:: Supplied material

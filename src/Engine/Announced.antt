-- ===== src/Engine/Announced.antt =====
-- What the observers of an engine have seen of its commits.
use zhir.Prelude.{ℕ, ◌≡◌, refl, inl, inr, String, Bool-cases, List, [], ◌∷◌, Map}
use zhir.Error.{Result, ok, err}
use zhir.Operation.{OperationRecord}
use zhir.Value.{Json}
use zhir.History.Entry.{Hashing}
use zhir.Run.{Checkpoint, Fact}
use zhir.Engine.State.{
  Engine, EventData, operation_changed, checkpoint_committed, operation_progress, model_delta,
  observation_gap,
}
use zhir.Engine.Action.{RunStore, Environment, next_u64, adjust, emit, new_id, read_clock}
use zhir.Engine.Commit.{answered, is_changed}
use zhir.Engine.Commit.Outcome.{answer, commit-eq, conclude, observed, saved}
use zhir.Engine.Keeps.{IsInvariant}
use zhir.Engine.Steps.{Steps, steps-keep}

module _ {V : Type 0} where
  -- The commits among the events, the latest first, are those of one revision after another, down from
  -- `revision` to the one after `first`.
  unfoldable pub Counts : ℕ → ℕ → List (EventData V) → Type 0
  Counts first revision [] = revision ≡ first
  Counts first revision (checkpoint_committed id committed state fact ∷ events) =
      (committed ≡ revision)
      × ((previous : ℕ) × (revision ≡ next_u64 previous) × Counts first previous events)
  Counts first revision (operation_changed _ _ ∷ events) = Counts first revision events
  Counts first revision (operation_progress _ _ ∷ events) = Counts first revision events
  Counts first revision (model_delta _ _ ∷ events) = Counts first revision events
  Counts first revision (observation_gap _ ∷ events) = Counts first revision events

  Counts-observed :
      (first revision : ℕ) (before operations : Map String (OperationRecord V))
      (events : List (EventData V))
      → Counts first revision events
      → Counts first revision (observed before operations events)
  unfolding Counts
  Counts-observed first revision before [] events h = h
  Counts-observed first revision before ((id, operation) ∷ rest) events h =
      elim (Bool-cases (is_changed before (id, operation))) [
        | inl b ↦ rw b (Counts-observed first revision before rest _ h)
        | inr b ↦ rw b (Counts-observed first revision before rest _ h)
      ]

module _ {V S : Type 0} ⦃store : RunStore V S⦄ ⦃environment : Environment V⦄ where
  IsAnnounced : ℕ → Engine V S → Type 0
  IsAnnounced first e = Counts first e.current.revision e.events

  conclude-IsAnnounced :
      (first : ℕ) (r : Result (Unit {0})) (e : Engine V S) (s : S) (next : Checkpoint V)
      (fact : Fact)
      → IsAnnounced first e
      → IsAnnounced first (conclude r e s (saved e next fact)).1
  unfolding IsAnnounced Counts
  conclude-IsAnnounced first (err error) e s next fact h = h
  conclude-IsAnnounced first (ok _) e s next fact h =
      Counts-observed first (next_u64 e.current.revision) e.current.active.operations
        next.active.operations _ (refl, (e.current.revision, refl, h))

  announced : (first : ℕ) → IsInvariant (IsAnnounced first)
  unfolding IsAnnounced Counts adjust emit new_id read_clock
  announced first = record {
    adjusts = λ f. record { after = λ e h. h };
    progresses = λ id value. record { after = λ e h. h };
    streams = λ id delta. record { after = λ e h. h };
    draws = record { after = λ e h. h };
    reads = record { after = λ e h. h };
    commits = λ next fact history. record {
      after = λ e h.
          let (r, s) = answer e next fact history in
          rw (commit-eq next fact history e)
            (conclude-IsAnnounced first (answered r) e s next fact h);
    };
  }

module _ {V S : Type 0} ⦃j : Json V⦄ ⦃hashing : Hashing V⦄ ⦃store : RunStore V S⦄
    ⦃environment : Environment V⦄ where
  -- Over any store, whatever the engine is given to handle and whatever it returns: if no
  -- event was emitted before, the commits among its events have revisions that count up by
  -- one, in 64 bits, from the revision that it had, and the last one has the revision of its
  -- checkpoint.
  pub Steps-Counts :
      {e f : Engine V S}
      → Steps e f
      → e.events ≡ []
      → Counts e.current.revision f.current.revision f.events
  unfolding IsAnnounced Counts
  Steps-Counts {e} steps none_yet =
      steps-keep (announced e.current.revision) steps (rw none_yet refl)
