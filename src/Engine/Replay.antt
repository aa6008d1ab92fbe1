-- ===== src/Engine/Replay.antt =====
-- The same event of an operation twice.
pub mod Taken
pub mod Again
pub mod Once
use zhir.Prelude.{
  ℕ, ◌≡◌, ◌≢◌, ◌⊎◌, refl, sym, ap, ◌∙◌, inl, inr, arith, String, Bool, true, false, Bool-cases,
  Option, none, some, List, [], ◌∷◌, lookup, lookup-insert_same, String-discrete, same_self, ltb,
}
use zhir.Error.{Result, ok, err}
use zhir.Value.{Json}
use zhir.Operation.{
  OperationEvent, OperationOutcome, OperationOwner, OperationRecord, OperationUpdate, outcome_state,
  terminal, OperationUpdate-discrete,
}
use zhir.Operation
use zhir.Message.{Message}
use zhir.Model.{AppendSource}
use zhir.History.Entry.{Hashing, HistoryEntry}
use zhir.History.Chain.{History, append}
use zhir.Run.{Checkpoint, CommandIntent, Fact}
use zhir.Storage.Commit.{HistoryDelta}
use zhir.Engine.State.{Engine}
use zhir.Engine.Action.{RunStore, Environment, Action, ◌>>=◌, continue, new_id, next_u64}
use zhir.Engine.Changes.{put_operation, push_command, with_session}
use zhir.Engine.Commit.{answered, commit}
use zhir.Engine.Commit.Outcome.{answer, commit-eq, conclude, saved}
use zhir.Engine.Completion.{append_command, settle, settle_with, result_entry}
use zhir.Engine.Operations.{Cursor, cursor, fresh, replayed, conflicting}

-- What a part of a method that succeeds has returned.
module _ {V S A B : Type 0} where
  pub continue-ok :
      (r : Result A) (next : A → Action V S B) (e e' : Engine V S) (b : B)
      → continue r next e ≡ (ok b, e')
      → (a : A) × (r ≡ ok a) × (next a e ≡ (ok b, e'))
  continue-ok (ok a) next e e' b h = (a, refl, h)
  continue-ok (err error) next e e' b h = absurd (ground (arith, ap (λ t. t.0) h))

  pub bind-ok :
      (m : Action V S A) (next : A → Action V S B) (e e' : Engine V S) (b : B)
      → (m >>= next) e ≡ (ok b, e')
      → (a : A) × (e'' : Engine V S) × (m e ≡ (ok a, e'')) × (next a e'' ≡ (ok b, e'))
  unfolding ◌>>=◌
  bind-ok m next e e' b h =
      let (r, e'') = m e in
      let (a, returned, rest) = continue-ok r next e'' e' b h in
      (a, e'', ap (λ q. (q, e'')) returned, rest)

module _ {V : Type 0} where
  -- The checkpoint with the command of an entry.
  abbrev appended :
      Environment V → Checkpoint V → ℕ → AppendSource → Option String → ℕ → Checkpoint V
  appended given next entry source operation_id drawn =
      let revision = next_u64 next.active.session.context_revision in
      push_command (given.uuid drawn)
        (CommandIntent.append entry revision next.active.session.input_position source operation_id)
        (with_session (record next.active.session { context_revision = revision }) next)

module _ {V S : Type 0} where
  conclude-current :
      (r : Result (Unit {0})) (e e' : Engine V S) (s : S) (c : Checkpoint V)
      → conclude r e s c ≡ (ok tt, e')
      → e'.current ≡ c
  conclude-current (ok _) e e' s c h = sym (ap (λ t. t.1.current) h)
  conclude-current (err error) e e' s c h = absurd (ground (arith, ap (λ t. t.0) h))

module _ {V S : Type 0} ⦃store : RunStore V S⦄ ⦃environment : Environment V⦄ where
  -- A commit that succeeds leaves the engine with the checkpoint that it has written.
  pub commit-current :
      (next : Checkpoint V) (fact : Fact) (history : HistoryDelta V) (e e' : Engine V S)
      → commit next fact history e ≡ (ok tt, e')
      → e'.current ≡ saved e next fact
  commit-current next fact history e e' h =
      let (r, s) = answer e next fact history in
      conclude-current (answered r) e e' s (saved e next fact)
        (sym (commit-eq next fact history e) ∙ h)

module _ {V S : Type 0} ⦃j : Json V⦄ ⦃hashing : Hashing V⦄ ⦃store : RunStore V S⦄
    ⦃environment : Environment V⦄ where
  -- A result that is settled: its entry was appended, and the checkpoint is the one with both.
  pub settle_inv :
      (r : Result (History V)) (id : String) (operation : OperationRecord V)
      (outcome : OperationOutcome V) (sequence : Option ℕ) (message : Message V)
      (source : AppendSource) (command_for : Option String) (e e' : Engine V S)
      → append e.current.history (result_entry id operation message ∷ []) ≡ r
      → settle_with id operation outcome sequence message source command_for e ≡ (ok tt, e')
      → (history : History V) × (r ≡ ok history)
        × (let settled = settle operation outcome sequence e.current.history.len in
            let kept : Checkpoint V = record e.current { history = history } in
            e'.current
            ≡ saved
                (new_id e).1
                (appended environment
                  (put_operation id settled kept)
                  e.current.history.len
                  source
                  command_for
                  e.drawn)
                (Fact.operation id (outcome_state outcome)))
  unfolding settle_with append_command new_id ◌>>=◌
  settle_inv (err error) id operation outcome sequence message source command_for e e' a h =
      absurd (ground (arith, a, ap (λ t. t.0) h))
  settle_inv (ok history) id operation outcome sequence message source command_for e e' a h =
      let index : ℕ = e.current.history.len in
      let settled : OperationRecord V = settle operation outcome sequence index in
      let drawn : Engine V S = (new_id e).1 in
      let next : Checkpoint V =
        appended environment (put_operation id settled (record e.current { history = history }))
          index source command_for e.drawn in
      let entries = result_entry id operation message ∷ [] in
      let fact = Fact.operation id (outcome_state outcome) in
      let same : settle_with id operation outcome sequence message source command_for e
          ≡ commit next fact (HistoryDelta.append entries) drawn =
        rw a refl in
      (
        history,
        refl,
        commit-current next fact (HistoryDelta.append entries) drawn e' (sym same ∙ h),
      )

  pub settle_from :
      (r : Result (History V)) (id : String) (operation : OperationRecord V)
      (outcome : OperationOutcome V) (sequence : Option ℕ) (message : Message V)
      (source : AppendSource) (command_for : Option String) (e e' : Engine V S)
      → append e.current.history (result_entry id operation message ∷ []) ≡ r
      → settle_with id operation outcome sequence message source command_for e ≡ (ok tt, e')
      → lookup String-discrete id e'.current.active.operations
        ≡ some (settle operation outcome sequence e.current.history.len)
  unfolding new_id
  settle_from r id operation outcome sequence message source command_for e e' a h =
      let (history, appended_to, current) =
        settle_inv r id operation outcome sequence message source command_for e e' a h in
      ap (λ c. lookup String-discrete id c.active.operations) current
      ∙ lookup-insert_same String-discrete id id
          (settle operation outcome sequence e.current.history.len) e.current.active.operations refl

::::

Using the records above, list each line that includes "AppendSource".

▶ _Response box_
use zhir.Model.{AppendSource}
      Environment V → Checkpoint V → ℕ → AppendSource → Option String → ℕ → Checkpoint V
      (source : AppendSource) (command_for : Option String) (e e' : Engine V S)
      (source : AppendSource) (command_for : Option String) (e e' : Engine V S)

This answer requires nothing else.